Abstract

Salt reabsorption by the human sweat duct is markedly reduced in cystic fibrosis (CF). We used fluorescence-digital imaging microscopy in combination with a halide-specific fluorescent dye [6-methoxy-N-(3-sulfopropyl)quinolinium (SPQ)] to determine if this defective salt reabsorption is referable to a reduced plasma membrane Cl- permeability of the epithelial cells that line the sweat duct. Sweat duct cells were cultured from explants of normal and CF reabsorptive duct and loaded with SPQ, the fluorescence of which is specifically quenched by halide ions (Br- greater than Cl-) and provides a relative index of intracellular halide concentration. Two lines of evidence indicate that normal sweat duct cells exhibit a substantial permeability to Cl- and Br-. First, the replacement of extracellular Cl- with an impermeant anion (i.e., gluconate) resulted in a rapid and reversible increase in the intracellular fluorescence, as expected if the cells rapidly lost Cl- to the extracellular media.
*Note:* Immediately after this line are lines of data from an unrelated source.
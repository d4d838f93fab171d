-- ===== src/Parser.antt =====
-- mirdb-server/src/parser.rs: the grammar of the requests.
pub mod Fields
pub mod RoundTrip
mod Tests
use mirdb.Prelude.{
  ℕ, Bool, true, false, Option, none, some, List, [], ◌∷◌, ◌++◌, map, Slice, codes, bytes_eq,
  if◌then◌else◌,
}
use mirdb.ParserUtil.{
  Parser, is_not, tag, take_at_least, split, opt, alt, done, done_or_panic, ◌>>=◌, ◌>>◌, space,
  u32_parser, usize_parser,
}
use mirdb.Request
use mirdb.Request.{Request, SetterType, GetterType}

abbrev pub crlf : Slice
crlf = 13 ∷ 10 ∷ []

-- `b" \t\r\n\0"`
abbrev pub key_ends : Slice
key_ends = 32 ∷ 9 ∷ 13 ∷ 10 ∷ 0 ∷ []

unfoldable pub key_parser : Parser Slice
unfolding is_not
key_parser = is_not key_ends

unfoldable pub getter_name_parser : Parser Slice
unfolding alt tag
getter_name_parser = alt (tag (codes "gets")) (tag (codes "get"))

unfoldable pub setter_name_parser : Parser Slice
unfolding alt tag
setter_name_parser = alt (tag (codes "set")) (
    alt (tag (codes "add"))
      (alt (tag (codes "replace")) (alt (tag (codes "append")) (tag (codes "prepend")))))

-- `none` is the panic on a name that is not known.
unfoldable pub to_getter_type : Slice → Option GetterType
to_getter_type x =
    if bytes_eq x (codes "get")
    then some GetterType.get
    else if bytes_eq x (codes "gets")
    then some GetterType.gets
    else none

unfoldable pub to_setter_type : Slice → Option SetterType
to_setter_type x =
    if bytes_eq x (codes "set")
    then some SetterType.set
    else if bytes_eq x (codes "add")
    then some SetterType.add
    else if bytes_eq x (codes "replace")
    then some SetterType.replace
    else if bytes_eq x (codes "append")
    then some SetterType.append
    else if bytes_eq x (codes "prepend")
    then some SetterType.prepend
    else none

unfoldable pub unwrap_no_reply : Option Slice → Bool
unwrap_no_reply none = false
unwrap_no_reply (some _) = true

abbrev make_getter : List Slice → Option GetterType → Option Request
make_getter keys none = none
make_getter keys (some g) = some (Request.getter g keys)

unfoldable pub getter : Parser Request
unfolding getter_name_parser to_getter_type
getter = do
  name ← getter_name_parser
  space
  keys ← split space key_parser
  tag crlf
  done_or_panic (make_getter keys (to_getter_type name))

abbrev make_setter : Slice → ℕ → ℕ → ℕ → Slice → Bool → Option SetterType → Option Request
make_setter key flags ttl bytes payload no_reply none = none
make_setter key flags ttl bytes payload no_reply (some s) =
    some (Request.setter s key flags ttl bytes payload no_reply)

unfoldable pub setter : Parser Request
unfolding setter_name_parser to_setter_type unwrap_no_reply
setter = do
  name ← setter_name_parser
  space
  key ← key_parser
  space
  flags ← u32_parser
  space
  ttl ← u32_parser
  space
  bytes ← usize_parser
  opt space
  no_reply ← opt (tag (codes "noreply"))
  tag crlf
  payload ← take_at_least bytes crlf
  tag crlf
  done_or_panic
      (make_setter key flags ttl bytes payload (unwrap_no_reply no_reply) (to_setter_type name))

unfoldable pub deleter : Parser Request
unfolding unwrap_no_reply
deleter = do
  tag (codes "delete")
  space
  key ← key_parser
  opt space
  no_reply ← opt (tag (codes "noreply"))
  tag crlf
  done (Request.deleter key (unwrap_no_reply no_reply))

unfoldable pub info : Parser Request
info = do tag (codes "info"); tag crlf; done Request.info

unfoldable pub major_compaction : Parser Request
major_compaction = do tag (codes "major_compaction"); tag crlf; done Request.major_compaction

-- `alt!(getter | setter | deleter | info | major_compaction)`
unfoldable pub parse : Parser Request
parse = alt getter (alt setter (alt deleter (alt info major_compaction)))
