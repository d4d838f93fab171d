-- ===== src/Response.antt =====
-- mirdb-server/src/response.rs: the responses, and the bytes that `write` puts into the buffer.
use mirdb.Prelude.{
  ℕ, zero, suc, Bool, true, false, ◌&&◌, Option, none, some, List, [], ◌∷◌, ◌++◌, leb, Slice, codes,
  if◌then◌else◌,
}
use mirdb.ParserUtil.Decimal.{decimal}
use mirdb.Parser.{crlf}

pub record GetRespItem : Type 0 where
  pub key : Slice
  pub value : Slice
  pub flags : ℕ
  pub bytes : ℕ

-- `value` is the field `data` of `GetRespItem`, a reserved word here.
pub data Response : Type 0 where
  stored not_stored exists not_found : Response
  get gets : List GetRespItem → Response
  deleted touched ok : Response
  busy badclass nospare notfull unsafe same : Slice → Response
  error : Response
  client_error server_error info : Slice → Response

-- `from_utf8(..).is_ok()`, by the table of well-formed byte sequences of the Unicode standard.
abbrev between : ℕ → ℕ → ℕ → Bool
between lo hi b = leb lo b && leb b hi

abbrev second_ok : ℕ → ℕ → Bool
second_ok a b =
    if between 0xE0 0xE0 a
    then between 0xA0 0xBF b
    else if between 0xED 0xED a
    then between 0x80 0x9F b
    else if between 0xF0 0xF0 a
    then between 0x90 0xBF b
    else if between 0xF4 0xF4 a
    then between 0x80 0x8F b
    else between 0x80 0xBF b

-- The bytes that are to follow a lead byte; `none` for a byte that leads nothing.
abbrev trailing : ℕ → Option ℕ
trailing a =
    if leb a 0x7F
    then some 0
    else if between 0xC2 0xDF a
    then some 1
    else if between 0xE0 0xEF a
    then some 2
    else if between 0xF0 0xF4 a
    then some 3
    else none

-- The state is the lead byte whose second byte comes next, if one does, and the bytes still due.
unfoldable pub utf8_from : Option ℕ → ℕ → Slice → Bool
utf8_from lead zero [] = true
utf8_from lead (suc due) [] = false
utf8_from lead zero (a ∷ s) = elim (trailing a) [
  | none ↦ false
  | some due ↦ utf8_from (some a) due s
]
utf8_from none (suc due) (b ∷ s) = between 0x80 0xBF b && utf8_from none due s
utf8_from (some a) (suc due) (b ∷ s) = second_ok a b && utf8_from none due s

unfoldable pub is_utf8 : Slice → Bool
unfolding utf8_from
is_utf8 s = utf8_from none 0 s

abbrev number_text : ℕ → Slice
number_text = decimal 19

-- One `VALUE` block; `none` is the panic of `to_str(key)`.
unfoldable pub write_item : GetRespItem → Option Slice
unfolding is_utf8
write_item item =
    if is_utf8 item.key
    then some (
        codes "VALUE "
        ++ (item.key
            ++ (32
                ∷ (number_text item.flags
                    ++ (32 ∷ (number_text item.bytes ++ (crlf ++ (item.value ++ crlf))))))))
    else none

abbrev prepend_some : Slice → Option Slice → Option Slice
prepend_some a none = none
prepend_some a (some b) = some (a ++ b)

unfoldable pub write_items : List GetRespItem → Option Slice
unfolding write_item
write_items [] = some (codes "END" ++ crlf)
write_items (item ∷ items) =
    let rest = write_items items in
    elim (write_item item) [ none ↦ none | some a ↦ prepend_some a rest ]

abbrev line : Slice → Option Slice
line text = some (text ++ crlf)

-- The bytes that `Response::write` writes; `none` is a panic (`unimplemented!()` in the last case).
unfoldable pub write : Response → Option Slice
unfolding write_items
write Response.stored = line (codes "STORED")
write Response.not_stored = line (codes "NOT_STORED")
write Response.exists = line (codes "EXISTS")
write Response.not_found = line (codes "NOT_FOUND")
write (Response.get v) = write_items v
write (Response.gets v) = write_items v
write Response.deleted = line (codes "DELETED")
write Response.touched = line (codes "TOUCHED")
write Response.ok = line (codes "OK")
write Response.error = line (codes "ERROR")
write (Response.client_error e) = line (codes "CLIENT_ERROR " ++ e)
write (Response.server_error e) = line (codes "SERVER_ERROR " ++ e)
write (Response.info s) =
    line (codes "INFO" ++ (crlf ++ (crlf ++ (s ++ (crlf ++ (crlf ++ codes "END"))))))
write _ = none
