-- ===== src/Store.antt =====
-- mirdb-server/src/store.rs: what a request does, over the operations of the data manager, and the
-- service of mirdb-server/src/main.rs that turns an error into a response.
pub mod Data
pub mod Commands
pub mod Reads
pub mod Safety
mod Tests
use mirdb.Prelude.{
  ℕ, ◌+◌, ◌%◌, ◌≡◌, Bool, true, false, Option, none, some, List, [], ◌∷◌, ◌++◌, length, take, ltb,
  Slice, codes, if◌then◌else◌,
}
use mirdb.ParserUtil.{usize_bound}
use mirdb.Error.{Status, MyResult, Action, pure, crash, pass}
use mirdb.Request.{Request, SetterType, GetterType}
use mirdb.Response.{Response, GetRespItem}
use mirdb.Payload.{StorePayload, is_expired}

-- The methods of the data manager that the store calls.
pub record DataOps : Type 1 where
  pub State : Type 0
  pub get : Slice → Action State (Option StorePayload)
  pub insert : Slice → StorePayload → Action State (Option StorePayload)
  pub remove : Slice → Action State (Option StorePayload)
  pub info : State → Slice
  pub major_compaction : Action State (Unit {0})

abbrev pub bad_chunk : Slice
bad_chunk = codes "bad data chunk"

-- The item of a response, unless the payload has expired.
unfoldable pub live_item : ℕ → Slice → Option StorePayload → List GetRespItem
unfolding is_expired
live_item now key none = []
live_item now key (some p) =
    if is_expired now p
    then []
    else record { key = key; value = p.value; flags = p.flags; bytes = p.bytes } ∷ []

-- `Response::Get(v)` or `Response::Gets(v)`
unfoldable pub respond : GetterType → List GetRespItem → Response
respond GetterType.get v = Response.get v
respond GetterType.gets v = Response.gets v

-- The payload that APPEND and PREPEND store: old or new bytes first, the rest from the request. The
-- sum of the lengths is a usize, which wraps.
unfoldable pub joined : Slice → StorePayload → StorePayload → StorePayload
joined value v sp = record {
  value = value;
  flags = sp.flags;
  ttl = sp.ttl;
  bytes = (v.bytes + sp.bytes) % usize_bound;
  created_at = sp.created_at;
}

module _ (d : DataOps) where
  open d use {State, get, insert, remove, info, major_compaction}

  -- The loop over the keys of a getter, with what it has collected.
  unfoldable pub get_all : ℕ → List Slice → List GetRespItem → Action State (List GetRespItem)
  unfolding live_item
  get_all now [] v s = (s, MyResult.ok v)
  get_all now (key ∷ keys) v s =
      pass (λ p s'. get_all now keys (v ++ live_item now key p) s') (get key s)

  -- `self.data.insert(key, sp)?; ... Ok(Response::Stored)`
  unfoldable pub store_it : Slice → StorePayload → Action State Response
  store_it key sp s = pass (λ _. pure Response.stored) (insert key sp s)

  -- The `match setter` behind a payload of the right length.
  unfoldable pub set_found :
      SetterType → Slice → StorePayload → Option StorePayload → Action State Response
  unfolding store_it joined
  set_found SetterType.set key sp old = store_it key sp
  set_found SetterType.add key sp none = store_it key sp
  set_found SetterType.add key sp (some v) = pure Response.not_stored
  set_found SetterType.replace key sp none = pure Response.not_stored
  set_found SetterType.replace key sp (some v) = store_it key sp
  set_found SetterType.append key sp none = pure Response.not_stored
  set_found SetterType.append key sp (some v) = store_it key (joined (v.value ++ sp.value) v sp)
  set_found SetterType.prepend key sp none = pure Response.not_stored
  set_found SetterType.prepend key sp (some v) = store_it key (joined (sp.value ++ v.value) v sp)

  -- SET does not look for the key, the others do.
  unfoldable pub set_payload : SetterType → Slice → StorePayload → Action State Response
  unfolding set_found
  set_payload SetterType.set key sp s = set_found SetterType.set key sp none s
  set_payload setter key sp s = pass (set_found setter key sp) (get key s)

  removed : Option StorePayload → Response
  removed (some v) = Response.deleted
  removed none = Response.not_found

  -- `apply`, where the clock shows `now`. `&payload[..bytes]` panics on a short payload.
  unfoldable pub apply : ℕ → Request → Action State Response
  unfolding respond get_all set_payload removed
  apply now (Request.getter g keys) s = pass (λ v. pure (respond g v)) (get_all now keys [] s)
  apply now (Request.setter setter key flags ttl bytes payload no_reply) s =
      if ltb bytes (length payload)
      then (s, MyResult.ok (Response.client_error bad_chunk))
      else if ltb (length payload) bytes
      then (s, MyResult.panic)
      else set_payload setter key
          (record {
            value = take bytes payload;
            flags = flags;
            ttl = ttl;
            bytes = bytes;
            created_at = now;
          })
          s
  apply now (Request.deleter key no_reply) s = pass (λ r. pure (removed r)) (remove key s)
  apply now Request.info s = (s, MyResult.ok (Response.info (info s)))
  apply now Request.error s = (s, MyResult.ok Response.error)
  apply now Request.major_compaction s = pass (λ _. pure Response.ok) (major_compaction s)

  -- `Server::call`: an error becomes a response; `none` is a panic.
  response_of : MyResult Response → Option Response
  response_of (MyResult.ok r) = some r
  response_of (MyResult.err e) = some (Response.server_error e.msg)
  response_of MyResult.panic = none

  unfoldable pub call : ℕ → Request → State → State × Option Response
  unfolding response_of
  call now req s = let (s', r) = apply now req s in (s', response_of r)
Second, the replacement of extracellular Cl- with Br- resulted in a rapid and reversible quenching of the intracellular fluorescence, as expected if the cells accumulated Br- (a more effective quencher of SPQ fluorescence) in exchange for Cl-. The rate of fluorescence change that was induced by either maneuver was inhibited by the Cl- channel blocker, diphenylamine-2-carboxylate (10 microM). Moreover, CF cells exhibited markedly reduced rates of fluorescence change in response to either maneuver. Our results document the utility of this imaging strategy for assessing the Cl- permeabilities of individual epithelial cells that are affected in cystic fibrosis and indicate that the defective salt reabsorption by the CF sweat duct is referable, at least in part, to a reduced plasma membrane Cl- permeability of sweat duct cells.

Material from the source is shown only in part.